Lisa Harris, an algebra teacher in the district’s Patriot High School in Nokesville, said she had been teaching for 22 years and has never wanted to leave the profession. “As far as teacher shortages, of course I see the news,” she said. “You hear it nationally. I know of it. But honestly, at Prince William County Schools, I don’t see a lot of that.”

In fact, many schools in Prince William County saw just the opposite. For the current school year, which began on Aug. 22, the district created hundreds of new positions for teachers and teaching assistants compared with last year.

All year round, administrators keep an eye out for potential applicants — especially those with certifications in math, science, special education and multilingual education.

“This is a joke among those of us that work in H.R.,” said Michelle Colbert, who works in human resources at the district. “When you go to a college fair, and you see one math candidate, then it’s like every person in the room is making their way to that candidate.”

In fact, in some districts, teacher vacancies can be attributed not only to turnover but also to the creation of new positions, said Richard Ingersoll, an expert on education staffing with the Graduate School of Education at the University of Pennsylvania.

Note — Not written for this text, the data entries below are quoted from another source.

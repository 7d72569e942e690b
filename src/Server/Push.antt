-- ===== src/Server/Push.antt =====
-- server/invoke.rs: `handle_push`, the handler of the push deliveries.
pub mod Acked
use open_functions.Prelude.{
  ℕ, ◌*◌, ◌&&◌, Bytes, codes, Bool, true, false, Option, none, some, unwrap_or, List, [], ◌∷◌,
  lookup, list_Eq, ℕ_Eq, Result, ok, err, if◌then◌else◌, leb, ltb,
}
use open_functions.Model.{Function, Trigger}
use open_functions.Store.{get_function}
use open_functions.Pool.{AcquiredInstance, AcquireError, Pool, rejected, queue_timeout, release}
use open_functions.Registry.{Outside, World, Entry}
use open_functions.Forward.{RequestRewriteContext, ForwardFailure, map_outcome}
use open_functions.Forward.Proxy.{Http, Request, Response, Client}
use open_functions.PubSub.Convert.{
  Json, Formats, PushConvertError, invalid_json, not_an_object, missing_message, invalid_base64,
  PushEnvelope, parse_push_envelope, to_cloud_event,
}
use open_functions.Server.{
  InvokeState, Circumstances, Reply, status_only, Host, no_such_function, no_pubsub_trigger,
  show_store_error, is_ready, forward_failure_outcome, api_bad_request, api_not_found,
  internal_error, unavailable, not_ready_yet, record_invocation, record_push_received,
  acquire_from_pool, call, with_pool,
}

-- `to_bytes` reads a body of at most 10 MiB; `binary_mode` is the request that
-- `build_binary_mode_request` makes of an event with its header values and its data as JSON.
pub record Deliveries (w : Http) (j : Json) (f : Formats j) : Type 0 where
  pub to_bytes : w.Body → Option Bytes
  pub binary_mode :
      (method uri : Bytes) (headers : List (Bytes × Bytes)) (body : Bytes) → Option (Request w)
  pub show_time : ℕ → Bytes
  pub null : j.Value

unfoldable pub show_convert_error : PushConvertError → Bytes
show_convert_error invalid_json = codes "request body is not valid JSON"
show_convert_error not_an_object = codes "request body is not a JSON object"
show_convert_error missing_message = codes "missing required field \"message\""
show_convert_error invalid_base64 = codes "message.data is not valid base64"

-- `StatusCode::is_success`
abbrev pub is_success : ℕ → Bool
is_success status = leb 200 status && ltb status 300

module _ (w : Http) (j : Json) (f : Formats j) (d : Deliveries w j f) where
  abbrev pub time_header : Option ℕ → List (Bytes × Bytes)
  time_header none = []
  time_header (some t) = (codes "ce-time", d.show_time t) ∷ []

  unfoldable pub build_binary_mode_request : f.Event → Option (Request w)
  build_binary_mode_request event = elim (j.to_vec (unwrap_or (f.data_of event) d.null)) [
    | none ↦ none
    | some body ↦
        d.binary_mode (codes "POST") (codes "/")
          ((codes "ce-specversion", codes "1.0")
            ∷ (codes "ce-id", f.id event)
            ∷ (codes "ce-source", f.source event)
            ∷ (codes "ce-type", f.ty event)
            ∷ (codes "content-type", codes "application/json")
            ∷ time_header (f.time event))
          body
  ]

module _ (o : Outside) (w : Http) (client : Client w) (j : Json) (f : Formats j)
    (d : Deliveries w j f) (c : Circumstances) where
  abbrev pub Delivered : Type 0
  Delivered = Option (Host o w client × Reply w)

  unfoldable pub invalid : (name : Bytes) → Reply w → Host o w client → Delivered
  invalid name reply h = some (record_push_received o w client name (codes "invalid") h, reply)

  -- A delivery that is not forwarded, for the server to try again.
  unfoldable pub put_off :
      (name : Bytes)
      → Function
      → (outcome : Bytes) (status : ℕ) → Reply w
      → Host o w client
      → Delivered
  put_off name fn outcome status reply h = some (
    record_invocation o w client name fn (codes "event") outcome status false
        (record_push_received o w client name (codes "nack") h),
    reply,
  )

  unfoldable pub refuse_push :
      (name : Bytes) → Function → AcquireError → Host o w client → Delivered
  unfolding put_off
  refuse_push name fn rejected h = put_off name fn (codes "rejected") 429 (status_only 429) h
  refuse_push name fn (queue_timeout _) h =
      put_off name fn (codes "rejected") 429 (status_only 429) h
  refuse_push name fn AcquireError.draining h =
      put_off name fn (codes "rejected") 503 (status_only 503) h
  refuse_push name fn (AcquireError.spawn e) h =
      put_off name fn (codes "error") 503 (status_only 503) h

  unfoldable pub answer_push :
      (name : Bytes)
      → Function
      → Host o w client × Result ForwardFailure (Response w)
      → Host o w client × Reply w
  answer_push name fn (h, ok resp) =
      let counted : (result : Bytes) → ℕ → Host o w client = λ result status.
        record_invocation o w client name fn (codes "event") (codes "ok") status true
          (record_push_received o w client name result h) in
      if is_success (resp.status)
      then (counted (codes "ack") 204, status_only 204)
      else (counted (codes "nack") (resp.status), status_only (resp.status))
  answer_push name fn (h, err failure) =
      let mapping = map_outcome failure in
      (
        record_invocation o w client name fn (codes "event") (forward_failure_outcome failure)
            (mapping.status) true (record_push_received o w client name (codes "nack") h),
        status_only (mapping.status),
      )

  -- The delivery's event, sent to an instance under a fresh execution id.
  unfoldable pub call_push :
      (name : Bytes)
      → Function
      → Request w
      → Entry
      → Pool
      → AcquiredInstance
      → Host o w client
      → Host o w client × Result ForwardFailure (Response w)
  call_push name fn req entry p a h =
      let (outer, execution_id) = o.new_uuid h.world.outer in
      let ctx : RequestRewriteContext = record {
        execution_id = execution_id;
        client_addr = codes "127.0.0.1";
        proto = codes "http";
        original_host = none;
      } in
      call o w client c name entry p a req ctx (fn.timeout_secs * 1000)
        (record h { world = record (h.world) { outer = outer } })

  -- With an instance; its slot is given back if no request can be built.
  unfoldable pub push_acquired :
      (name : Bytes)
      → Function
      → f.Event
      → Entry
      → Pool
      → AcquiredInstance
      → Host o w client
      → Delivered
  unfolding put_off answer_push call_push
  push_acquired name fn event entry p a h = elim (build_binary_mode_request w j f d event) [
    | none ↦
        put_off name fn (codes "error") 500
          (internal_error (codes "failed to build CloudEvent request"))
          (with_pool o w client name entry (release a p) h)
    | some req ↦ some (answer_push name fn (call_push name fn req entry p a h))
  ]

  unfoldable pub push_pool : (name : Bytes) → Function → f.Event → Host o w client → Delivered
  unfolding put_off refuse_push push_acquired
  push_pool name fn event h = elim (lookup name h.world.pools) [
    | none ↦ put_off name fn (codes "rejected") 503 (unavailable (codes "function not ready")) h
    | some entry ↦ elim (acquire_from_pool o w client c name entry h) [
      | none ↦ none
      | some (h', (p, err e)) ↦ refuse_push name fn e h'
      | some (h', (p, ok a)) ↦ push_acquired name fn event entry p a h'
    ]
  ]

  unfoldable pub push_to :
      (name project topic : Bytes) → Function → PushEnvelope → Host o w client → Delivered
  unfolding put_off push_pool
  push_to name project topic fn envelope h =
      let event =
        to_cloud_event j f (c.received) envelope (record { project = project; topic = topic }) in
      let away = put_off name fn (codes "rejected") 503 (not_ready_yet fn) h in
      let into_pool = push_pool name fn event h in if is_ready fn then into_pool else away

  unfoldable pub deliver : (name project : Bytes) → PushEnvelope → Host o w client → Delivered
  unfolding invalid push_to
  deliver name project envelope h = elim (get_function name h.world.store) [
    | ok none ↦ invalid name (api_not_found (no_such_function name)) h
    | err e ↦ invalid name (internal_error (show_store_error e)) h
    | ok (some fn) ↦ elim fn.trigger [
      | Trigger.http ↦ invalid name (api_bad_request (no_pubsub_trigger name)) h
      | Trigger.pubsub topic ↦ push_to name project topic fn envelope h
    ]
  ]

  unfoldable pub handle_push :
      (pubsub_project : Option Bytes) (name : Bytes) → Request w → Host o w client → Delivered
  unfolding invalid deliver
  handle_push none name req h =
      invalid name (api_bad_request (codes "pubsub.enabled = false; push delivery is not accepted"))
        h
  handle_push (some project) name req h = elim (d.to_bytes req.body) [
    | none ↦ invalid name (api_bad_request (codes "failed to read request body")) h
    | some raw ↦ elim (parse_push_envelope j f c.received_at raw) [
      | err e ↦ invalid name (api_bad_request (show_convert_error e)) h
      | ok envelope ↦ deliver name project envelope h
    ]
  ]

That can skew perceptions of shortages, especially in the context of long-term trends. The total number of people working in public education has mostly grown for about a decade, federal data show, partly in recovery from widespread losses after the 2008 recession. And the number of teachers has grown faster than the number of students, Dr. Ingersoll’s research has found.(That may continue. Student enrollment slumped during the pandemic, and it may continue to shrink in coming years because of demographic changes.)

But in places with chronically low pay, the pandemic has only worsened teachers’ feelings of being undervalued, said Brent Maddin, who leads the Next Education Workforce initiative for teachers atArizona State University. “If we’re serious about recruiting people into the profession, and retaining people in the profession, in addition to things like compensation we need to be focused on the working conditions,” he said.

As the fall semester begins, principals like Mr. Gilmore in Mesa are focused not only on filling open positions, but also on keeping the educators they have. Westwood could use three more math teachers, but 23 of them are already there, introducing students to the basics of algebra, geometry and trigonometry.

Mr. Gilmore has also been working with Dr. Maddin at Arizona State to implement a teaching model where educators with different skills work together to teach larger groups of students. The program, Mr. Gilmore said, allows student teachers — potential future applicants — to gain experience at the school, and it may also help experienced educators feel less isolated in the classroom.

“I think the pandemic just brought exhaustion to an already stressed field,” Mr. Gilmore said. “And when we bring that joy of teaching back, the students will have the joy of learning.”